My father had remarried— not to the girl, grandma had chosen, but to a widow with four children. Grandma got wind of it. There she was planning to get her niece wedded to father, and father had dashed all her hopes to the ground.

Unannounced she managed to reach Rawalpindi, where we lived,  from our ancestral home in the village. She rarely travelled, and the farthest she went from home was Charsadda. Father didn’t know where to hide from the fury of his mother, and he took refuge sitting in his car in the garage.

Stepmom spoke Urdu, and grandma could only talk in Pushto. Neither was making head, or tail of what they were telling each other. Unfortunately grandma espied me as I came out of my room searching for God knows what. She took hold of my hand, and almost dragged me to sit between the two foes. It looked like I had to translate whatever they were saying to each other.
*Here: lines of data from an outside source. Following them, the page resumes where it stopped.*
-- ===== src/Scheduler/Examples.antt =====
-- Tests and instances for the scheduler.
use shed.Prelude.{unwrap_or, All, ◌+◌, ◌≡◌, refl, ap, true, false, none, some, [], ◌∷◌, arith}
use shed.Types.{once, cron, idle}
use shed.Scheduler.{
  Scheduler, NextRun, is_due, due_schedules, ensure_next_run, ensure_next_runs, handle_due,
  handle_all, pass,
}
use shed.Scheduler.Passes.{pass_clears_due}

-- Every trigger runs again ten later.
abbrev ten_later : NextRun
ten_later = λ trigger now. some (now + 10)

abbrev two_due : Scheduler
two_due = record {
  schedules =
      record { id = 1; trigger = cron "a"; next_run_at = some 5; enabled = true }
      ∷ record { id = 2; trigger = once "b"; next_run_at = some 6; enabled = true }
      ∷ [];
  schedule_runs = [];
  ws = [];
  fired = [];
  active_schedule = none;
  pipeline = idle;
}

-- Both are fired in one pass.
both_fire : (pass ten_later 7 two_due).fired ≡ 2 ∷ 1 ∷ []
unfolding pass ensure_next_runs ensure_next_run due_schedules handle_all handle_due
both_fire = refl

pass_clears_due_example : All (λ r. is_due 7 r ≡ false) (pass ten_later 7 two_due).schedules
pass_clears_due_example =
    pass_clears_due ten_later 7 two_due
      (λ trigger t e. let later : 17 ≡ t = ap (λ o. unwrap_or o 0) e in omega arith)
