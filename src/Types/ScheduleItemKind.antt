-- ===== src/Types/ScheduleItemKind.antt =====
-- What a playlist item refers to: crates/common/src/types.rs, `ScheduleItemKind`.
use text.Mathlib.Text.{◌==◌}
use shed.Prelude.{if◌then◌else◌, String}

pub data ScheduleItemKind : Type 0 where
  vod scene source : ScheduleItemKind

unfoldable pub as_str : ScheduleItemKind → String
as_str vod = "vod"
as_str scene = "scene"
as_str source = "source"

unfoldable pub from_db : String → ScheduleItemKind
from_db s = if s == "scene" then scene else if s == "source" then source else vod
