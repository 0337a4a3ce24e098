-- ===== src/Schedules/Rows.antt =====
-- Schedules as they are asked for, stored and answered: crates/api/src/routes/schedules.rs.
use shed.Prelude.{ℕ, String, Bool, Option, List}
use shed.Types.{TriggerKind}
use shed.Types.EndBehavior.{EndBehavior}
use shed.Types.ScheduleItemKind.{ScheduleItemKind}

pub record UpsertSchedule : Type 0 where
  pub name : String
  pub enabled : Bool
  pub trigger : TriggerKind
  pub destination_ids : List ℕ
  pub standby_asset_id : Option ℕ
  pub end_behavior : EndBehavior
  pub until_at : Option String
  pub items : List (ScheduleItemKind × ℕ)

-- `destination_ids` as serde reads the column.
pub record ScheduleRow : Type 0 where
  pub id : ℕ
  pub name : String
  pub enabled : ℕ
  pub trigger_kind : String
  pub trigger_at : Option String
  pub trigger_cron : Option String
  pub destination_ids : Option (List ℕ)
  pub standby_asset_id : Option ℕ
  pub end_behavior : String
  pub until_at : Option String
  pub next_run_at : Option ℕ

pub record ItemRow : Type 0 where
  pub schedule_id : ℕ
  pub position : ℕ
  pub item_kind : String
  pub ref_id : ℕ

-- `schedule_nudge` is the time of the last nudge, and `started` the broadcasts that were started, newest first.
pub record Planner : Type 0 where
  pub schedules : List ScheduleRow
  pub items : List ItemRow
  pub system_timezone : Option String
  pub schedule_nudge : ℕ
  pub active_schedule : Option ℕ
  pub started : List ℕ

pub record Schedule : Type 0 where
  pub id : ℕ
  pub name : String
  pub enabled : Bool
  pub trigger : TriggerKind
  pub destination_ids : List ℕ
  pub standby_asset_id : Option ℕ
  pub end_behavior : EndBehavior
  pub until_at : Option String
  pub items : List (ℕ × (ScheduleItemKind × ℕ))
  pub next_run_at : Option ℕ
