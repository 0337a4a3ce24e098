-- ===== src/Schedules/NextRun.antt =====
-- The next run of a trigger: crates/api/src/schedule_time.rs.
use shed.Prelude.{
  ltb, ◌==◌, if◌then◌else◌, ℕ, String, Bool, Option, none, some, [], ◌∷◌, ◌>>=◌, concat, trim,
  word_count,
}
use shed.Types.{TriggerKind, once, cron}

-- A date and time in either format, the one instant that it has in a zone, if it has just one; whether the cron crate
-- takes an expression of six fields, and its next instant after another.
pub record Calendar : Type 0 where
  pub parse_local : String → Option ℕ
  pub to_utc : String → ℕ → Option ℕ
  pub cron_valid : String → Bool
  pub cron_next : String → String → ℕ → Option ℕ
  pub zone_known : String → Bool

-- `to_six_field` of schedule_time.rs, and `six` of the routes.
unfoldable pub to_six_field : String → String
to_six_field expr = if word_count expr == 5 then concat ("0 " ∷ trim expr ∷ []) else trim expr

unfoldable pub six : String → String
six expr = if word_count expr == 5 then concat ("0 " ∷ trim expr ∷ []) else trim expr

-- `UTC` for a name that is not known.
abbrev pub parse_tz : Calendar → String → String
parse_tz c name = if c.zone_known name then name else "UTC"

abbrev pub if_later : ℕ → ℕ → Option ℕ
if_later after utc = if ltb after utc then some utc else none

unfoldable pub next_run_after : Calendar → String → TriggerKind → ℕ → Option ℕ
next_run_after c tz (once moment) after = (c.parse_local moment >>= c.to_utc tz) >>= if_later after
next_run_after c tz (cron expr) after =
    if c.cron_valid (to_six_field expr) then c.cron_next (to_six_field expr) tz after else none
Grandma was saying, “why did you get married to my son? Couldn’t you stay on your own?”

Stepmom said she was having problems, and needed a husband to take care of things. Grandma was asking why her son? Couldn’t she get someone else?

This went for a while, and grandma started cursing. Poor me! I was frightened, fearing they might come to blows. Grandma was intelligent enough to know that I wasn’t exactly translating what she was saying. The moment had come for me to make a dash for my room, and bolt it from inside.

I don’t know what happened later after I left them. Grandma departed in the evening –sad, and disappointed to her home.